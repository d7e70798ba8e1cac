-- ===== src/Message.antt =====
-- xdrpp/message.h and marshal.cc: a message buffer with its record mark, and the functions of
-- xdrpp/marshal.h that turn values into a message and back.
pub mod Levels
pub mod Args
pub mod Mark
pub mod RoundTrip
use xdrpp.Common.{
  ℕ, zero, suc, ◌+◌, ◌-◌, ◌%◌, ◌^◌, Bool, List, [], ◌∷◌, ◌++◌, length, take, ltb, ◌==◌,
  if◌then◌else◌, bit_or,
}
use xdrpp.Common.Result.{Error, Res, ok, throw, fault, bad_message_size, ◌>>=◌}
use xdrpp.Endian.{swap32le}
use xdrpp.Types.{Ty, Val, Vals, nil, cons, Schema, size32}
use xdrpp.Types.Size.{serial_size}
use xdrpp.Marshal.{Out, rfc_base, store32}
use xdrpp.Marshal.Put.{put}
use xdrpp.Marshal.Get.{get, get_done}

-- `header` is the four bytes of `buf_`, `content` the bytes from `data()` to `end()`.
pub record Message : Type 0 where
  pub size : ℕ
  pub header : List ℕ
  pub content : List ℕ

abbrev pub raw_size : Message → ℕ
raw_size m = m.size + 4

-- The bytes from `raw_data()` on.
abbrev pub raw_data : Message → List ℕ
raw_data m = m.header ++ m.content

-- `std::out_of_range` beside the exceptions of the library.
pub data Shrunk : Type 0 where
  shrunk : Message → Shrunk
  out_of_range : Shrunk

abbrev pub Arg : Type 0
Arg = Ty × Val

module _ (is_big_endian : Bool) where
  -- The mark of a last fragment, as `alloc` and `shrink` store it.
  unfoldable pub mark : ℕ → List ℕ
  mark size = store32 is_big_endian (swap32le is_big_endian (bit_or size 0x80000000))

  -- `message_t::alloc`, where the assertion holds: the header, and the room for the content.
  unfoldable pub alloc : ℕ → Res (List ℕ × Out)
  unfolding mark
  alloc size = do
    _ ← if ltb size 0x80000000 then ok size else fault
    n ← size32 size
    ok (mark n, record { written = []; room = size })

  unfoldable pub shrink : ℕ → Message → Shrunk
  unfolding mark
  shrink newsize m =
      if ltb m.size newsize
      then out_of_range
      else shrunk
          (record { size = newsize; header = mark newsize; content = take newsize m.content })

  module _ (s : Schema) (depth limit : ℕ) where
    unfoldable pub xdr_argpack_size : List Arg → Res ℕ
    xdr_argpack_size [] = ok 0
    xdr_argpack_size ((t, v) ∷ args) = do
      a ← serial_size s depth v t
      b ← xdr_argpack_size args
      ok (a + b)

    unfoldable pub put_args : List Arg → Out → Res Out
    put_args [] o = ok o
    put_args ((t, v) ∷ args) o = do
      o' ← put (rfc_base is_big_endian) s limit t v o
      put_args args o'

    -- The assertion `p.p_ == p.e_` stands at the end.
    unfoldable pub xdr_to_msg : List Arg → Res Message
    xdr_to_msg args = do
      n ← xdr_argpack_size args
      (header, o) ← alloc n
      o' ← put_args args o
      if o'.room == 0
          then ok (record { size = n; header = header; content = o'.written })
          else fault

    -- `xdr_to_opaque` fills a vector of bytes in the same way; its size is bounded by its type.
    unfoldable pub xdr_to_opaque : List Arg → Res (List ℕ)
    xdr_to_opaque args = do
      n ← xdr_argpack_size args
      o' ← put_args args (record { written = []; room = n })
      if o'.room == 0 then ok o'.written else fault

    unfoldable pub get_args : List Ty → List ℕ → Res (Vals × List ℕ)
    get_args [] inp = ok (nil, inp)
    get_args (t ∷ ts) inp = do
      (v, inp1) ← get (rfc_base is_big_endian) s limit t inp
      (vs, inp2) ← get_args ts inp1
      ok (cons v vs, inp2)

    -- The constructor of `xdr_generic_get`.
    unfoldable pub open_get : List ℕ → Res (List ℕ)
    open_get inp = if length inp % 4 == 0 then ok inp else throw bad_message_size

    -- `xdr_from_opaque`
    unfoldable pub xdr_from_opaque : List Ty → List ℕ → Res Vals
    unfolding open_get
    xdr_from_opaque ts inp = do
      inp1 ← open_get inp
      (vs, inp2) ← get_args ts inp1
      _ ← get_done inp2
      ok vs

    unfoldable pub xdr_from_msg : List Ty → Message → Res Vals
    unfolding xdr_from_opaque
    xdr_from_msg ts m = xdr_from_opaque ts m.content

# WORK ORDER
Print the whole listing above exactly, please.

# WRITTEN ANSWER
repository d7e70798ba8e1cac
-- ===== src/Message.antt =====
-- xdrpp/message.h and marshal.cc: a message buffer with its record mark, and the functions of
-- xdrpp/marshal.h that turn values into a message and back.
pub mod Levels
pub mod Args
pub mod Mark
pub mod RoundTrip
use xdrpp.Common.{
  ℕ, zero, suc, ◌+◌, ◌-◌, ◌%◌, ◌^◌, Bool, List, [], ◌∷◌, ◌++◌, length, take, ltb, ◌==◌,
  if◌then◌else◌, bit_or,
}
use xdrpp.Common.Result.{Error, Res, ok, throw, fault, bad_message_size, ◌>>=◌}
use xdrpp.Endian.{swap32le}
use xdrpp.Types.{Ty, Val, Vals, nil, cons, Schema, size32}
use xdrpp.Types.Size.{serial_size}
use xdrpp.Marshal.{Out, rfc_base, store32}
use xdrpp.Marshal.Put.{put}
use xdrpp.Marshal.Get.{get, get_done}

-- `header` is the four bytes of `buf_`, `content` the bytes from `data()` to `end()`.
pub record Message : Type 0 where
  pub size : ℕ
  pub header : List ℕ
  pub content : List ℕ

abbrev pub raw_size : Message → ℕ
raw_size m = m.size + 4

-- The bytes from `raw_data()` on.
abbrev pub raw_data : Message → List ℕ
raw_data m = m.header ++ m.content

-- `std::out_of_range` beside the exceptions of the library.
pub data Shrunk : Type 0 where
  shrunk : Message → Shrunk
  out_of_range : Shrunk

abbrev pub Arg : Type 0
Arg = Ty × Val

module _ (is_big_endian : Bool) where
  -- The mark of a last fragment, as `alloc` and `shrink` store it.
  unfoldable pub mark : ℕ → List ℕ
  mark size = store32 is_big_endian (swap32le is_big_endian (bit_or size 0x80000000))

  -- `message_t::alloc`, where the assertion holds: the header, and the room for the content.
  unfoldable pub alloc : ℕ → Res (List ℕ × Out)
  unfolding mark
  alloc size = do
    _ ← if ltb size 0x80000000 then ok size else fault
    n ← size32 size
    ok (mark n, record { written = []; room = size })

  unfoldable pub shrink : ℕ → Message → Shrunk
  unfolding mark
  shrink newsize m =
      if ltb m.size newsize
      then out_of_range
      else shrunk
          (record { size = newsize; header = mark newsize; content = take newsize m.content })

  module _ (s : Schema) (depth limit : ℕ) where
    unfoldable pub xdr_argpack_size : List Arg → Res ℕ
    xdr_argpack_size [] = ok 0
    xdr_argpack_size ((t, v) ∷ args) = do
      a ← serial_size s depth v t
      b ← xdr_argpack_size args
      ok (a + b)

    unfoldable pub put_args : List Arg → Out → Res Out
    put_args [] o = ok o
    put_args ((t, v) ∷ args) o = do
      o' ← put (rfc_base is_big_endian) s limit t v o
      put_args args o'

    -- The assertion `p.p_ == p.e_` stands at the end.
    unfoldable pub xdr_to_msg : List Arg → Res Message
    xdr_to_msg args = do
      n ← xdr_argpack_size args
      (header, o) ← alloc n
      o' ← put_args args o
      if o'.room == 0
          then ok (record { size = n; header = header; content = o'.written })
          else fault

    -- `xdr_to_opaque` fills a vector of bytes in the same way; its size is bounded by its type.
    unfoldable pub xdr_to_opaque : List Arg → Res (List ℕ)
    xdr_to_opaque args = do
      n ← xdr_argpack_size args
      o' ← put_args args (record { written = []; room = n })
      if o'.room == 0 then ok o'.written else fault

    unfoldable pub get_args : List Ty → List ℕ → Res (Vals × List ℕ)
    get_args [] inp = ok (nil, inp)
    get_args (t ∷ ts) inp = do
      (v, inp1) ← get (rfc_base is_big_endian) s limit t inp
      (vs, inp2) ← get_args ts inp1
      ok (cons v vs, inp2)

    -- The constructor of `xdr_generic_get`.
    unfoldable pub open_get : List ℕ → Res (List ℕ)
    open_get inp = if length inp % 4 == 0 then ok inp else throw bad_message_size

    -- `xdr_from_opaque`
    unfoldable pub xdr_from_opaque : List Ty → List ℕ → Res Vals
    unfolding open_get
    xdr_from_opaque ts inp = do
      inp1 ← open_get inp
      (vs, inp2) ← get_args ts inp1
      _ ← get_done inp2
      ok vs

    unfoldable pub xdr_from_msg : List Ty → Message → Res Vals
    unfolding xdr_from_opaque
    xdr_from_msg ts m = xdr_from_opaque ts m.content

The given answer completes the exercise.